- What the task asks
Would you write out all of the entries below, exactly as they stand?

Dataset records:
-- ===== src/Revisions/Sending.antt =====
-- How the list of revisions hands messages and intents to its operation and the layers
-- (internal/ui/revisions/revisions.go). What these do is a parameter: a new state, the row that they
-- move the cursor to, and a command.
use jjui.Jj.Selections.{Commit, equal}
use jjui.Prelude.{Bool, false, Option, none, some, List, [], ◌∷◌, ◌++◌, if◌then◌else◌}
use jjui.Prelude.Int.{ℤ}
use jjui.Operations.AceJump.{Operation as JumpOperation}
use jjui.Revisions.{set_cursor, selected_revision}
use jjui.Revisions.Layers.{
  ImmediateModel, RevisionsView, base_operation, set_base_operation, push_layer,
}
use jjui.Revisions.Starting.{Started}

pub record Answer (A F : Type 0) : Type 0 where
  pub next : A
  pub to_row : Option ℤ
  pub command : F

-- The models of the other packages, for the messages M and the intents I; a layer that handles no
-- intents has no `handle_intent`.
pub record Models (M I F : Type 0) : Type 0 where
  pub update : M → ImmediateModel → Answer ImmediateModel F
  pub handle_intent : I → ImmediateModel → Option (Answer ImmediateModel F × Bool)
  pub init : ImmediateModel → F
  pub made : Started → ImmediateModel
  pub ace_jump : JumpOperation → ImmediateModel
  pub target_picker : ImmediateModel
  pub selection_changed : Commit → M

unfoldable pub move_cursor : Option ℤ → RevisionsView → RevisionsView
move_cursor none v = v
move_cursor (some i) v = record v { list = set_cursor i v.list }

module _ {M I F : Type 0} (models : Models M I F) where
  unfoldable pub update_base : M → RevisionsView → RevisionsView × F
  update_base msg v =
      let a = models.update msg (base_operation v) in
      (move_cursor a.to_row (record v { base_op = some a.next }), a.command)

  unfoldable pub update_active : M → RevisionsView → RevisionsView × F
  update_active msg v = elim v.layers [
    | [] ↦ update_base msg v
    | layer ∷ below ↦
        let a = models.update msg layer in
        (move_cursor a.to_row (record v { layers = a.next ∷ below }), a.command)
  ]

  -- The layers from the oldest one on.
  unfoldable pub update_each :
      M → List ImmediateModel → RevisionsView → List ImmediateModel × RevisionsView × List F
  update_each msg [] v = ([], v, [])
  update_each msg (layer ∷ below) v =
      let (below', w, commands) = update_each msg below v in
      let a = models.update msg layer in
      (a.next ∷ below', move_cursor a.to_row w, commands ++ a.command ∷ [])

  unfoldable pub update_operations : M → RevisionsView → RevisionsView × List F
  update_operations msg v =
      let (w, command) = update_base msg v in
      let (layers, w', commands) = update_each msg w.layers w in
      (record w' { layers = layers }, command ∷ commands)

  -- The operation and the layers learn of another selected revision.
  unfoldable pub operation_selection_changed :
      (previous : Option Commit) → RevisionsView → RevisionsView × List F
  operation_selection_changed previous v = elim (selected_revision v.list) [
    | none ↦ (v, [])
    | some current ↦
        if equal previous (some current)
        then (v, [])
        else update_operations (models.selection_changed current) v
  ]

  unfoldable pub keep_active : ImmediateModel → RevisionsView → RevisionsView
  keep_active layer v = elim v.layers [
    | [] ↦ record v { base_op = some layer }
    | old ∷ below ↦ record v { layers = layer ∷ below }
  ]

  -- The active model has the intent, if it handles any.
  unfoldable pub try_active :
      I → (active : ImmediateModel) → RevisionsView → RevisionsView × List F × Bool
  try_active intent active v = elim (models.handle_intent intent active) [
    | none ↦ (v, [], false)
    | some (a, handled) ↦ (
      move_cursor a.to_row (keep_active a.next v),
      if handled then a.command ∷ [] else [],
      handled,
    )
  ]

  unfoldable pub open_operation : ImmediateModel → RevisionsView → RevisionsView × List F
  open_operation op v = (set_base_operation op v, models.init op ∷ [])

  unfoldable pub open_layer : ImmediateModel → RevisionsView → RevisionsView × List F
  open_layer layer v = (push_layer layer v, models.init layer ∷ [])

- Result of this exercise
-- ===== src/Revisions/Sending.antt =====
-- How the list of revisions hands messages and intents to its operation and the layers
-- (internal/ui/revisions/revisions.go). What these do is a parameter: a new state, the row that they
-- move the cursor to, and a command.
use jjui.Jj.Selections.{Commit, equal}
use jjui.Prelude.{Bool, false, Option, none, some, List, [], ◌∷◌, ◌++◌, if◌then◌else◌}
use jjui.Prelude.Int.{ℤ}
use jjui.Operations.AceJump.{Operation as JumpOperation}
use jjui.Revisions.{set_cursor, selected_revision}
use jjui.Revisions.Layers.{
  ImmediateModel, RevisionsView, base_operation, set_base_operation, push_layer,
}
use jjui.Revisions.Starting.{Started}

pub record Answer (A F : Type 0) : Type 0 where
  pub next : A
  pub to_row : Option ℤ
  pub command : F

-- The models of the other packages, for the messages M and the intents I; a layer that handles no
-- intents has no `handle_intent`.
pub record Models (M I F : Type 0) : Type 0 where
  pub update : M → ImmediateModel → Answer ImmediateModel F
  pub handle_intent : I → ImmediateModel → Option (Answer ImmediateModel F × Bool)
  pub init : ImmediateModel → F
  pub made : Started → ImmediateModel
  pub ace_jump : JumpOperation → ImmediateModel
  pub target_picker : ImmediateModel
  pub selection_changed : Commit → M

unfoldable pub move_cursor : Option ℤ → RevisionsView → RevisionsView
move_cursor none v = v
move_cursor (some i) v = record v { list = set_cursor i v.list }

module _ {M I F : Type 0} (models : Models M I F) where
  unfoldable pub update_base : M → RevisionsView → RevisionsView × F
  update_base msg v =
      let a = models.update msg (base_operation v) in
      (move_cursor a.to_row (record v { base_op = some a.next }), a.command)

  unfoldable pub update_active : M → RevisionsView → RevisionsView × F
  update_active msg v = elim v.layers [
    | [] ↦ update_base msg v
    | layer ∷ below ↦
        let a = models.update msg layer in
        (move_cursor a.to_row (record v { layers = a.next ∷ below }), a.command)
  ]

  -- The layers from the oldest one on.
  unfoldable pub update_each :
      M → List ImmediateModel → RevisionsView → List ImmediateModel × RevisionsView × List F
  update_each msg [] v = ([], v, [])
  update_each msg (layer ∷ below) v =
      let (below', w, commands) = update_each msg below v in
      let a = models.update msg layer in
      (a.next ∷ below', move_cursor a.to_row w, commands ++ a.command ∷ [])

  unfoldable pub update_operations : M → RevisionsView → RevisionsView × List F
  update_operations msg v =
      let (w, command) = update_base msg v in
      let (layers, w', commands) = update_each msg w.layers w in
      (record w' { layers = layers }, command ∷ commands)

  -- The operation and the layers learn of another selected revision.
  unfoldable pub operation_selection_changed :
      (previous : Option Commit) → RevisionsView → RevisionsView × List F
  operation_selection_changed previous v = elim (selected_revision v.list) [
    | none ↦ (v, [])
    | some current ↦
        if equal previous (some current)
        then (v, [])
        else update_operations (models.selection_changed current) v
  ]

  unfoldable pub keep_active : ImmediateModel → RevisionsView → RevisionsView
  keep_active layer v = elim v.layers [
    | [] ↦ record v { base_op = some layer }
    | old ∷ below ↦ record v { layers = layer ∷ below }
  ]

  -- The active model has the intent, if it handles any.
  unfoldable pub try_active :
      I → (active : ImmediateModel) → RevisionsView → RevisionsView × List F × Bool
  try_active intent active v = elim (models.handle_intent intent active) [
    | none ↦ (v, [], false)
    | some (a, handled) ↦ (
      move_cursor a.to_row (keep_active a.next v),
      if handled then a.command ∷ [] else [],
      handled,
    )
  ]

  unfoldable pub open_operation : ImmediateModel → RevisionsView → RevisionsView × List F
  open_operation op v = (set_base_operation op v, models.init op ∷ [])

  unfoldable pub open_layer : ImmediateModel → RevisionsView → RevisionsView × List F
  open_layer layer v = (push_layer layer v, models.init layer ∷ [])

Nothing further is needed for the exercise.